Material to process:

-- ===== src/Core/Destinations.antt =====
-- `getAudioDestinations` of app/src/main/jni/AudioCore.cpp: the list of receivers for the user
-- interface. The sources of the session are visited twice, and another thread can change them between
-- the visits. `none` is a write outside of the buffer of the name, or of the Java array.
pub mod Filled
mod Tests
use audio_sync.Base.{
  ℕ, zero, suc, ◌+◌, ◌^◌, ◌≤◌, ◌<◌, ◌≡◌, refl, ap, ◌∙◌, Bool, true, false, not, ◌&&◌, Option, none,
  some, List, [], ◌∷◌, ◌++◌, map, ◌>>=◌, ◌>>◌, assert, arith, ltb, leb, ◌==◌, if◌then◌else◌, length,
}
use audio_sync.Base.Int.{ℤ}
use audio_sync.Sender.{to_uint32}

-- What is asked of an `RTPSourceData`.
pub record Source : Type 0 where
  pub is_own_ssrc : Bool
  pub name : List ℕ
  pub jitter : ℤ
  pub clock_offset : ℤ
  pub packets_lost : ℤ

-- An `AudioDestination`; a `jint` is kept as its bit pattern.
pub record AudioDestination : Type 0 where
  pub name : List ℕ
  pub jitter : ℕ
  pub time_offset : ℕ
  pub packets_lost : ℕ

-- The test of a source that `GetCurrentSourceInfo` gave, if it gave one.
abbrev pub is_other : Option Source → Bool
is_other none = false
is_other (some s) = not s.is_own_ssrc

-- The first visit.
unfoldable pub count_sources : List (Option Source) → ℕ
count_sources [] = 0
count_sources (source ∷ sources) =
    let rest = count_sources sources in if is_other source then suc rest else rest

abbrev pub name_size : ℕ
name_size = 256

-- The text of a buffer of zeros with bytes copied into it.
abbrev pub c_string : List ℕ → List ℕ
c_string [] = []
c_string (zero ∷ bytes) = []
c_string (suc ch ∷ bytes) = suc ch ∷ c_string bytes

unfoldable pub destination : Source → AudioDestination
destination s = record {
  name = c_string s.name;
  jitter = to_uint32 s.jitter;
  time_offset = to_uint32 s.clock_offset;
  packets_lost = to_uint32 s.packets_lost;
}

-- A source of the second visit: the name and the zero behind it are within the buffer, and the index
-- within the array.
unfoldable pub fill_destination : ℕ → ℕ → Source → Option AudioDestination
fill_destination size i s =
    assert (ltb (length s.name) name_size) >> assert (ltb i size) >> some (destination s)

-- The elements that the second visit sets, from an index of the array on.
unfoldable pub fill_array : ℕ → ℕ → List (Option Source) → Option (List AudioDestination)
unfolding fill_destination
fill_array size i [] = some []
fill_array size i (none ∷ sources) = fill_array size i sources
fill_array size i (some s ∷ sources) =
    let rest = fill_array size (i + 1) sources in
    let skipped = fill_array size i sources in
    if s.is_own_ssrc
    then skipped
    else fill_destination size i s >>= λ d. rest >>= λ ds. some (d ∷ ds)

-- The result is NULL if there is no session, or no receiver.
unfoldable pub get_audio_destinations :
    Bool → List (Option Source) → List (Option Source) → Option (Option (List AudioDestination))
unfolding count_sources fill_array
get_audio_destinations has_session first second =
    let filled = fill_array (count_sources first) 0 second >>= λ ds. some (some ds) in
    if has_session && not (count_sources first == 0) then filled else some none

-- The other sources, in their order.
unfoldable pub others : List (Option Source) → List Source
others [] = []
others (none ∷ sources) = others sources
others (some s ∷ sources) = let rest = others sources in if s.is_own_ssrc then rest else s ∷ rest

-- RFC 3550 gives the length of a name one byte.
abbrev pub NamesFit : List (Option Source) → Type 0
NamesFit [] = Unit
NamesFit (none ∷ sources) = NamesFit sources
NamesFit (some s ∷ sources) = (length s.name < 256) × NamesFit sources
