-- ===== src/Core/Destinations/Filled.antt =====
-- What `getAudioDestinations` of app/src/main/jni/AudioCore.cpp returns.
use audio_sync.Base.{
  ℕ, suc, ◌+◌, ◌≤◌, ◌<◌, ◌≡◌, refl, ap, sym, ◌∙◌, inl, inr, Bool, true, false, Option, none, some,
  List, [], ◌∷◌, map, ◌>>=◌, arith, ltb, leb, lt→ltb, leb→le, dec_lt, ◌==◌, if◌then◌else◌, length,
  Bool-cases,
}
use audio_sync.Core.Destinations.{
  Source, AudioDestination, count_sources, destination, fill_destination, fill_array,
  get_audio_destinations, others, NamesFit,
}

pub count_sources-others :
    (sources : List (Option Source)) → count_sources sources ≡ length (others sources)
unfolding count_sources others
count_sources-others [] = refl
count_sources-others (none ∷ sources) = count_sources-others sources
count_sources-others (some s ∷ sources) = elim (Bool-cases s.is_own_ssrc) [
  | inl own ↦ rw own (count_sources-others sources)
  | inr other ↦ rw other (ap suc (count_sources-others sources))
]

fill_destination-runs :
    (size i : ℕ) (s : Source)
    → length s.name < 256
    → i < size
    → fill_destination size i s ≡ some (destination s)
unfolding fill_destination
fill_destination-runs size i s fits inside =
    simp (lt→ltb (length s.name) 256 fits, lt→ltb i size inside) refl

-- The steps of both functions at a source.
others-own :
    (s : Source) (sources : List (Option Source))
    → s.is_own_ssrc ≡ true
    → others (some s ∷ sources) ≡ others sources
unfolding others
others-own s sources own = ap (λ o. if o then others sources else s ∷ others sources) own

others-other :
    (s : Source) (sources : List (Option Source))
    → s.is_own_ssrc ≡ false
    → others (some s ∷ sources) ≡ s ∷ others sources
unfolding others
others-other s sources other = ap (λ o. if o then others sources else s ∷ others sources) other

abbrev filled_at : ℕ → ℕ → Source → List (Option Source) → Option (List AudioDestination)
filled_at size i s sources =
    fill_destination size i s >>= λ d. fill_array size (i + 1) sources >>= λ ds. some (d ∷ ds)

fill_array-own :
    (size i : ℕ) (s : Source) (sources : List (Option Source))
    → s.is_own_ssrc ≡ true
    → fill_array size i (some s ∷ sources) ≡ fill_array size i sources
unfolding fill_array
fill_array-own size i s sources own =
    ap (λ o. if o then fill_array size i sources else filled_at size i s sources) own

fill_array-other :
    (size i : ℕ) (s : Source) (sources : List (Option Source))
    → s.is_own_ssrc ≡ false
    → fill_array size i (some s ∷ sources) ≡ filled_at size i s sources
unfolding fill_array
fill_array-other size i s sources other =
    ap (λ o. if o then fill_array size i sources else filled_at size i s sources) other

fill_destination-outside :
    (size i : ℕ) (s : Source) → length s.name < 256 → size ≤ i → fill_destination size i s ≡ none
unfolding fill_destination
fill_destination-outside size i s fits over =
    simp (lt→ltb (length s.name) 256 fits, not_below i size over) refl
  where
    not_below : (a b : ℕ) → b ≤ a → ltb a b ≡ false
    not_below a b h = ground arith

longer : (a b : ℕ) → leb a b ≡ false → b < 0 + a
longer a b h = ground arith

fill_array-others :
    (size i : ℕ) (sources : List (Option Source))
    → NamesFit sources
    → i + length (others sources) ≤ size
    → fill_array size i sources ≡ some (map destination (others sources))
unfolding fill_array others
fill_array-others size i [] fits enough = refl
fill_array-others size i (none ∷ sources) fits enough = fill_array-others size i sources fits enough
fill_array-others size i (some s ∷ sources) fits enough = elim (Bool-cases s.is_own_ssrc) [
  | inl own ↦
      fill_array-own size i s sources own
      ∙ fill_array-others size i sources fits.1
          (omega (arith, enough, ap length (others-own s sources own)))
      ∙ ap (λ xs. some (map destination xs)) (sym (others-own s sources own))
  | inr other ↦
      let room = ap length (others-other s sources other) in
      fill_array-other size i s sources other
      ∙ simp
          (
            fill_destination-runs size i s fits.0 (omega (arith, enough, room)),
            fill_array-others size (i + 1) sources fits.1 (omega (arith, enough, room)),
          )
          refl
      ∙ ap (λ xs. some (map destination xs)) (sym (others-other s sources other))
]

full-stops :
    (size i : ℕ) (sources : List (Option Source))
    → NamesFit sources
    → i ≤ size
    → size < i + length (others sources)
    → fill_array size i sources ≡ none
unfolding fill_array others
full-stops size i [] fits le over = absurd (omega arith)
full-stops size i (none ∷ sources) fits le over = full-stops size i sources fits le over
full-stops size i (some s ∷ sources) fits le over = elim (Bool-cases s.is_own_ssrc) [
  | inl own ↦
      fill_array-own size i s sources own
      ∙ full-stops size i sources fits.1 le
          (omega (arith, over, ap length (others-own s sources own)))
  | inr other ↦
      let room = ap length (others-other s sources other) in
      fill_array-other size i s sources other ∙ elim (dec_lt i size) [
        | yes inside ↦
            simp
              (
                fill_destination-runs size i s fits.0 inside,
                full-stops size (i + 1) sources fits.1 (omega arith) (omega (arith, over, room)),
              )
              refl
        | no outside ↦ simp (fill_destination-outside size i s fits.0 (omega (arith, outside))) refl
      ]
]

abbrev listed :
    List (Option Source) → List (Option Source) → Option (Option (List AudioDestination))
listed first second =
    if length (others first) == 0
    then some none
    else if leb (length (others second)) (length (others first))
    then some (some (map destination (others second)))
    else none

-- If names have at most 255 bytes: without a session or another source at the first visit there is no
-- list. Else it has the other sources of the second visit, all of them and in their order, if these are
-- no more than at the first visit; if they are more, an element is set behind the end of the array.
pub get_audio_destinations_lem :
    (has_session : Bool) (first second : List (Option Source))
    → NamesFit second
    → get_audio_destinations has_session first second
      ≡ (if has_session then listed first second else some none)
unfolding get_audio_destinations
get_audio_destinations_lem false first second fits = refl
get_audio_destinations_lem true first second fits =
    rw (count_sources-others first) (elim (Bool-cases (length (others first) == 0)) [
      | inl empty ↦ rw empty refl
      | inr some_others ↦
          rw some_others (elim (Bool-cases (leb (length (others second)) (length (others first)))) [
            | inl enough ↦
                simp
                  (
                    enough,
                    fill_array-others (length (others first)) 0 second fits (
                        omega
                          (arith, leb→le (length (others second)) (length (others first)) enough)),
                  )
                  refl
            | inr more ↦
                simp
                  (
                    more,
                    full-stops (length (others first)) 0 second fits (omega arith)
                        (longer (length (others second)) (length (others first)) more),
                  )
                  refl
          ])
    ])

---

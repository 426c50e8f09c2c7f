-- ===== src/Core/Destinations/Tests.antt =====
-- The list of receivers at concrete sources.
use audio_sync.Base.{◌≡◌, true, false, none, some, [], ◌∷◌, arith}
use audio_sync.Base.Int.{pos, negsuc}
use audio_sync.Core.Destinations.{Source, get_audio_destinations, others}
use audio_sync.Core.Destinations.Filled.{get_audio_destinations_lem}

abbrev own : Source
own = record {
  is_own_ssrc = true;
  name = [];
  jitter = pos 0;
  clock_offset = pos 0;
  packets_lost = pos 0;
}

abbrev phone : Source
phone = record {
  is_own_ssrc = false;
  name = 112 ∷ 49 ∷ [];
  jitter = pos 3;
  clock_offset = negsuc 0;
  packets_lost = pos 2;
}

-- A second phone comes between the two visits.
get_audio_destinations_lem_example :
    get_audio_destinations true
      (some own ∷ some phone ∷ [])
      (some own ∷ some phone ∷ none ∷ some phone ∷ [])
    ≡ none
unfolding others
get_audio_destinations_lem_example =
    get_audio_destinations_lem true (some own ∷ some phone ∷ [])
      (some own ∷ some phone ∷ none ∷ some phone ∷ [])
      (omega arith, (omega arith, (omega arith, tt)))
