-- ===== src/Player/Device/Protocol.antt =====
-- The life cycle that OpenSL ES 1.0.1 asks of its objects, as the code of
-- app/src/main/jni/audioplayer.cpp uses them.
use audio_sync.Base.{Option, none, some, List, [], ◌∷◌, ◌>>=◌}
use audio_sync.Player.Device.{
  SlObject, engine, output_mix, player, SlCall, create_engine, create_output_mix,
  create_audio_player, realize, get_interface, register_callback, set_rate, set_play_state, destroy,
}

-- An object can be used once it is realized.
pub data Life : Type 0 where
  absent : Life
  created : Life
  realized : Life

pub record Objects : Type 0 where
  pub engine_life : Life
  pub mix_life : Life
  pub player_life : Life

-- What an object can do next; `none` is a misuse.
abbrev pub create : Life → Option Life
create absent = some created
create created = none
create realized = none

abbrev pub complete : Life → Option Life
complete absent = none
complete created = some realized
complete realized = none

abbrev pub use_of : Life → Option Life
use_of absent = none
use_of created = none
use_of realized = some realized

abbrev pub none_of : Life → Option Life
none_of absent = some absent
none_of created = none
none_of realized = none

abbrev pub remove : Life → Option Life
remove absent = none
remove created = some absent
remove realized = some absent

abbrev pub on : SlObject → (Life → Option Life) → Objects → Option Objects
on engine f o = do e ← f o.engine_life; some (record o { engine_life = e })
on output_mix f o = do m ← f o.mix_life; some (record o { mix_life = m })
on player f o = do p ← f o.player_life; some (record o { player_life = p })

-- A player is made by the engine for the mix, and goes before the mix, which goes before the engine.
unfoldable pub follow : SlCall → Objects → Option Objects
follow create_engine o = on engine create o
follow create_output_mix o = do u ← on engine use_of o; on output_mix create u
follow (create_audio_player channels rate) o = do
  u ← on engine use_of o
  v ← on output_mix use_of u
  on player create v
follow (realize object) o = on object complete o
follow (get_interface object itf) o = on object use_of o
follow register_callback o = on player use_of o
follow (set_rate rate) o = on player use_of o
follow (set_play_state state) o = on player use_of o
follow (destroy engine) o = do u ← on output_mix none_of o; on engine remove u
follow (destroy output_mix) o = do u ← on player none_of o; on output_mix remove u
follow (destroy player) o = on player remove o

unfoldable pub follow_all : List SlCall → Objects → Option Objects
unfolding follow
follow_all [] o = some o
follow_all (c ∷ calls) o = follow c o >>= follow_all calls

What is required:
Once you find the line with "destination s = record" above, print it and every line after it up to and including the line with "-- within the array.", exactly as written and nothing else.

Response to the exercise:
destination s = record {
  name = c_string s.name;
  jitter = to_uint32 s.jitter;
  time_offset = to_uint32 s.clock_offset;
  packets_lost = to_uint32 s.packets_lost;
}

-- A source of the second visit: the name and the zero behind it are within the buffer, and the index
-- within the array.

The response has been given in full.